# Exercise aim:
Write out every line of the material exactly as it appears.

# Information given:
[Start of section]
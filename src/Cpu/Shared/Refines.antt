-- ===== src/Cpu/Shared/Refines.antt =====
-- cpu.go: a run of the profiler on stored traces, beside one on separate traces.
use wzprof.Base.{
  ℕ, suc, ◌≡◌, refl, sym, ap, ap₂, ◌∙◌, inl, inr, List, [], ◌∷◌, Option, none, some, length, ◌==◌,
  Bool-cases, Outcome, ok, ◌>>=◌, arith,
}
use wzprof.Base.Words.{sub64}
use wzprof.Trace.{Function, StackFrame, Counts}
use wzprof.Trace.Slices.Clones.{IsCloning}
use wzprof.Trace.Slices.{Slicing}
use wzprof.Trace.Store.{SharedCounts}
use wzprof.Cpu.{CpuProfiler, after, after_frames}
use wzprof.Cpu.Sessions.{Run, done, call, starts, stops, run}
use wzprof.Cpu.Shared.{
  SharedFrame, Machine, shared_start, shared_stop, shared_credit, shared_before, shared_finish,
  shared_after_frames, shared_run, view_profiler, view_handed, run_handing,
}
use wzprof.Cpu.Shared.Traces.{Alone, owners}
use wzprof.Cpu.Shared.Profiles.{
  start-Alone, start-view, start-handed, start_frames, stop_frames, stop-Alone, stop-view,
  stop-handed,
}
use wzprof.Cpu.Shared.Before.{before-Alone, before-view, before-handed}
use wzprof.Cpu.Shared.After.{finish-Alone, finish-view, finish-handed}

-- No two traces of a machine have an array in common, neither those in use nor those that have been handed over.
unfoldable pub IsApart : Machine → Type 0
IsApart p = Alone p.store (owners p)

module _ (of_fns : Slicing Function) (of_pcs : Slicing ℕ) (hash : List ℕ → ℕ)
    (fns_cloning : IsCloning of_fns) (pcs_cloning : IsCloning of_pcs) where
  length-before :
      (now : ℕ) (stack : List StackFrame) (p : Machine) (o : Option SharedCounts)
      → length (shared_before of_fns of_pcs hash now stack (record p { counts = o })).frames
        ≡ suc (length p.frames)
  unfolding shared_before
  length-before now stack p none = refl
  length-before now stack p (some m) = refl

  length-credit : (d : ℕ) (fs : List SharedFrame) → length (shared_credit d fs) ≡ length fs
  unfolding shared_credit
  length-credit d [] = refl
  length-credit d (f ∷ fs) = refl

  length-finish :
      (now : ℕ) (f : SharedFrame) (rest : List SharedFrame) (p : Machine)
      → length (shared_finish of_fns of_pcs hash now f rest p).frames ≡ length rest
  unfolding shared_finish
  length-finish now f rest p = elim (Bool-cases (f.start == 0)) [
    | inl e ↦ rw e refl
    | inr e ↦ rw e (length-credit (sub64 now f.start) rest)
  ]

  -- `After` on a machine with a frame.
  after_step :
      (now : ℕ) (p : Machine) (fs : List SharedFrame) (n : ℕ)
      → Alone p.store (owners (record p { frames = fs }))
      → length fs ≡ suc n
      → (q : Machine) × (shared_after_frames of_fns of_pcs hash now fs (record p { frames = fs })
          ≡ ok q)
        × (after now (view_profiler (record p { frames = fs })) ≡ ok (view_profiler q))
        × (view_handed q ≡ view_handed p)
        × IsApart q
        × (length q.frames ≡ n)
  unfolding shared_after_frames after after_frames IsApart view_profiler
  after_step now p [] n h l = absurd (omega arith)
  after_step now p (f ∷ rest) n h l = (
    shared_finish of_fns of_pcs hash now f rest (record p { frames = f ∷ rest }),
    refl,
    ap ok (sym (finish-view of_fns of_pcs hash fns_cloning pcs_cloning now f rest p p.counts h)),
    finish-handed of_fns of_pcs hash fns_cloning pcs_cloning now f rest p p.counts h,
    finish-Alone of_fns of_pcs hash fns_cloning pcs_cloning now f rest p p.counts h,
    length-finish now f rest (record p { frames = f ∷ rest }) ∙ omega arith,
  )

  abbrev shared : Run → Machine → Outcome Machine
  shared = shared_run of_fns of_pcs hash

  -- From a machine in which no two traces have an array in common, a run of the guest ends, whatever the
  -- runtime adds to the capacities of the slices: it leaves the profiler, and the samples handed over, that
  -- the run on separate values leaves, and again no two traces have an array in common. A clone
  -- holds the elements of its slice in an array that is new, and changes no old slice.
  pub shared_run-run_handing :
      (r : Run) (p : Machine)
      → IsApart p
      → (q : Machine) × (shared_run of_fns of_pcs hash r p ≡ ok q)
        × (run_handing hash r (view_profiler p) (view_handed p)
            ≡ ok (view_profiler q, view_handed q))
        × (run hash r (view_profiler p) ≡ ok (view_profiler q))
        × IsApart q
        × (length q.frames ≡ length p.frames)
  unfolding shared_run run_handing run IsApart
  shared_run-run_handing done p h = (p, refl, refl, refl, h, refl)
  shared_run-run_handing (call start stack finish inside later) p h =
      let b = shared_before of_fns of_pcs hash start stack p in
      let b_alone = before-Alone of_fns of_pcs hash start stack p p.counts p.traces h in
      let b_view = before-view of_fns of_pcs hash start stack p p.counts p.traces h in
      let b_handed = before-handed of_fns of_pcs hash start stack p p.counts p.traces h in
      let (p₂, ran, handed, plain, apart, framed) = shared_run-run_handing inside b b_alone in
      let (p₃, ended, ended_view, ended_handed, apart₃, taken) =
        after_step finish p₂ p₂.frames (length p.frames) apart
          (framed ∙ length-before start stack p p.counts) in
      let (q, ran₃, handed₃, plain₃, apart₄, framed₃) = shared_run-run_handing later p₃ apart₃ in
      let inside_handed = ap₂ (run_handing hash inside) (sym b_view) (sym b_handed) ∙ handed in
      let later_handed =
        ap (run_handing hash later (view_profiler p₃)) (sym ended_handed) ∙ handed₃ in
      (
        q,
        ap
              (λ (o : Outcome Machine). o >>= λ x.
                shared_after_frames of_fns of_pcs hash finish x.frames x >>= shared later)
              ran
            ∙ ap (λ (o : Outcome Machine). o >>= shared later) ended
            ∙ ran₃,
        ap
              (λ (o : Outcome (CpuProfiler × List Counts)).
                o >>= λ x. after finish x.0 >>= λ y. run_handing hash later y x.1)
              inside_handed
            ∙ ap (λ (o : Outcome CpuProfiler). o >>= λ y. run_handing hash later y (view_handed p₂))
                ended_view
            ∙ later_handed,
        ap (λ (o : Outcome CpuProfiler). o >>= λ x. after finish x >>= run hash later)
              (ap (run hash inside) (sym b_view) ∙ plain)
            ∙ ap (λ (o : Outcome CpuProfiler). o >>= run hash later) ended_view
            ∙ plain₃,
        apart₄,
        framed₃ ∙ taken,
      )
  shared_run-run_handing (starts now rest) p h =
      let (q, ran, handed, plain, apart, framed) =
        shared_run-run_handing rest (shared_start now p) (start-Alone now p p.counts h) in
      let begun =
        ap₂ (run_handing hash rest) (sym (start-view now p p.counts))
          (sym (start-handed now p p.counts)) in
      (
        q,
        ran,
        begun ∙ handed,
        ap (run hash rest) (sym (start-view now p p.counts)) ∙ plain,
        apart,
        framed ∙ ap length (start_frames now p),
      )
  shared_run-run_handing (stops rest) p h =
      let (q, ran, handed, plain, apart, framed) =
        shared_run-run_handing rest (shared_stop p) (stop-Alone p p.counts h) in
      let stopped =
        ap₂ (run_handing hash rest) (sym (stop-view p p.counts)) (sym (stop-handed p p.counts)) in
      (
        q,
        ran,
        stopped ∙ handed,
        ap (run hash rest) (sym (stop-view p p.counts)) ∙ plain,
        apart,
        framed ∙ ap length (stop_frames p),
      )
[End of section]
# Reply:
filename src/Cpu/Shared/Refines.antt
-- ===== src/Cpu/Shared/Refines.antt =====
-- cpu.go: a run of the profiler on stored traces, beside one on separate traces.
use wzprof.Base.{
  ℕ, suc, ◌≡◌, refl, sym, ap, ap₂, ◌∙◌, inl, inr, List, [], ◌∷◌, Option, none, some, length, ◌==◌,
  Bool-cases, Outcome, ok, ◌>>=◌, arith,
}
use wzprof.Base.Words.{sub64}
use wzprof.Trace.{Function, StackFrame, Counts}
use wzprof.Trace.Slices.Clones.{IsCloning}
use wzprof.Trace.Slices.{Slicing}
use wzprof.Trace.Store.{SharedCounts}
use wzprof.Cpu.{CpuProfiler, after, after_frames}
use wzprof.Cpu.Sessions.{Run, done, call, starts, stops, run}
use wzprof.Cpu.Shared.{
  SharedFrame, Machine, shared_start, shared_stop, shared_credit, shared_before, shared_finish,
  shared_after_frames, shared_run, view_profiler, view_handed, run_handing,
}
use wzprof.Cpu.Shared.Traces.{Alone, owners}
use wzprof.Cpu.Shared.Profiles.{
  start-Alone, start-view, start-handed, start_frames, stop_frames, stop-Alone, stop-view,
  stop-handed,
}
use wzprof.Cpu.Shared.Before.{before-Alone, before-view, before-handed}
use wzprof.Cpu.Shared.After.{finish-Alone, finish-view, finish-handed}

-- No two traces of a machine have an array in common, neither those in use nor those that have been handed over.
unfoldable pub IsApart : Machine → Type 0
IsApart p = Alone p.store (owners p)

module _ (of_fns : Slicing Function) (of_pcs : Slicing ℕ) (hash : List ℕ → ℕ)
    (fns_cloning : IsCloning of_fns) (pcs_cloning : IsCloning of_pcs) where
  length-before :
      (now : ℕ) (stack : List StackFrame) (p : Machine) (o : Option SharedCounts)
      → length (shared_before of_fns of_pcs hash now stack (record p { counts = o })).frames
        ≡ suc (length p.frames)
  unfolding shared_before
  length-before now stack p none = refl
  length-before now stack p (some m) = refl

  length-credit : (d : ℕ) (fs : List SharedFrame) → length (shared_credit d fs) ≡ length fs
  unfolding shared_credit
  length-credit d [] = refl
  length-credit d (f ∷ fs) = refl

  length-finish :
      (now : ℕ) (f : SharedFrame) (rest : List SharedFrame) (p : Machine)
      → length (shared_finish of_fns of_pcs hash now f rest p).frames ≡ length rest
  unfolding shared_finish
  length-finish now f rest p = elim (Bool-cases (f.start == 0)) [
    | inl e ↦ rw e refl
    | inr e ↦ rw e (length-credit (sub64 now f.start) rest)
  ]

  -- `After` on a machine with a frame.
  after_step :
      (now : ℕ) (p : Machine) (fs : List SharedFrame) (n : ℕ)
      → Alone p.store (owners (record p { frames = fs }))
      → length fs ≡ suc n
      → (q : Machine) × (shared_after_frames of_fns of_pcs hash now fs (record p { frames = fs })
          ≡ ok q)
        × (after now (view_profiler (record p { frames = fs })) ≡ ok (view_profiler q))
        × (view_handed q ≡ view_handed p)
        × IsApart q
        × (length q.frames ≡ n)
  unfolding shared_after_frames after after_frames IsApart view_profiler
  after_step now p [] n h l = absurd (omega arith)
  after_step now p (f ∷ rest) n h l = (
    shared_finish of_fns of_pcs hash now f rest (record p { frames = f ∷ rest }),
    refl,
    ap ok (sym (finish-view of_fns of_pcs hash fns_cloning pcs_cloning now f rest p p.counts h)),
    finish-handed of_fns of_pcs hash fns_cloning pcs_cloning now f rest p p.counts h,
    finish-Alone of_fns of_pcs hash fns_cloning pcs_cloning now f rest p p.counts h,
    length-finish now f rest (record p { frames = f ∷ rest }) ∙ omega arith,
  )

  abbrev shared : Run → Machine → Outcome Machine
  shared = shared_run of_fns of_pcs hash

  -- From a machine in which no two traces have an array in common, a run of the guest ends, whatever the
  -- runtime adds to the capacities of the slices: it leaves the profiler, and the samples handed over, that
  -- the run on separate values leaves, and again no two traces have an array in common. A clone
  -- holds the elements of its slice in an array that is new, and changes no old slice.
  pub shared_run-run_handing :
      (r : Run) (p : Machine)
      → IsApart p
      → (q : Machine) × (shared_run of_fns of_pcs hash r p ≡ ok q)
        × (run_handing hash r (view_profiler p) (view_handed p)
            ≡ ok (view_profiler q, view_handed q))
        × (run hash r (view_profiler p) ≡ ok (view_profiler q))
        × IsApart q
        × (length q.frames ≡ length p.frames)
  unfolding shared_run run_handing run IsApart
  shared_run-run_handing done p h = (p, refl, refl, refl, h, refl)
  shared_run-run_handing (call start stack finish inside later) p h =
      let b = shared_before of_fns of_pcs hash start stack p in
      let b_alone = before-Alone of_fns of_pcs hash start stack p p.counts p.traces h in
      let b_view = before-view of_fns of_pcs hash start stack p p.counts p.traces h in
      let b_handed = before-handed of_fns of_pcs hash start stack p p.counts p.traces h in
      let (p₂, ran, handed, plain, apart, framed) = shared_run-run_handing inside b b_alone in
      let (p₃, ended, ended_view, ended_handed, apart₃, taken) =
        after_step finish p₂ p₂.frames (length p.frames) apart
          (framed ∙ length-before start stack p p.counts) in
      let (q, ran₃, handed₃, plain₃, apart₄, framed₃) = shared_run-run_handing later p₃ apart₃ in
      let inside_handed = ap₂ (run_handing hash inside) (sym b_view) (sym b_handed) ∙ handed in
      let later_handed =
        ap (run_handing hash later (view_profiler p₃)) (sym ended_handed) ∙ handed₃ in
      (
        q,
        ap
              (λ (o : Outcome Machine). o >>= λ x.
                shared_after_frames of_fns of_pcs hash finish x.frames x >>= shared later)
              ran
            ∙ ap (λ (o : Outcome Machine). o >>= shared later) ended
            ∙ ran₃,
        ap
              (λ (o : Outcome (CpuProfiler × List Counts)).
                o >>= λ x. after finish x.0 >>= λ y. run_handing hash later y x.1)
              inside_handed
            ∙ ap (λ (o : Outcome CpuProfiler). o >>= λ y. run_handing hash later y (view_handed p₂))
                ended_view
            ∙ later_handed,
        ap (λ (o : Outcome CpuProfiler). o >>= λ x. after finish x >>= run hash later)
              (ap (run hash inside) (sym b_view) ∙ plain)
            ∙ ap (λ (o : Outcome CpuProfiler). o >>= run hash later) ended_view
            ∙ plain₃,
        apart₄,
        framed₃ ∙ taken,
      )
  shared_run-run_handing (starts now rest) p h =
      let (q, ran, handed, plain, apart, framed) =
        shared_run-run_handing rest (shared_start now p) (start-Alone now p p.counts h) in
      let begun =
        ap₂ (run_handing hash rest) (sym (start-view now p p.counts))
          (sym (start-handed now p p.counts)) in
      (
        q,
        ran,
        begun ∙ handed,
        ap (run hash rest) (sym (start-view now p p.counts)) ∙ plain,
        apart,
        framed ∙ ap length (start_frames now p),
      )
  shared_run-run_handing (stops rest) p h =
      let (q, ran, handed, plain, apart, framed) =
        shared_run-run_handing rest (shared_stop p) (stop-Alone p p.counts h) in
      let stopped =
        ap₂ (run_handing hash rest) (sym (stop-view p p.counts)) (sym (stop-handed p p.counts)) in
      (
        q,
        ran,
        stopped ∙ handed,
        ap (run hash rest) (sym (stop-view p p.counts)) ∙ plain,
        apart,
        framed ∙ ap length (stop_frames p),
      )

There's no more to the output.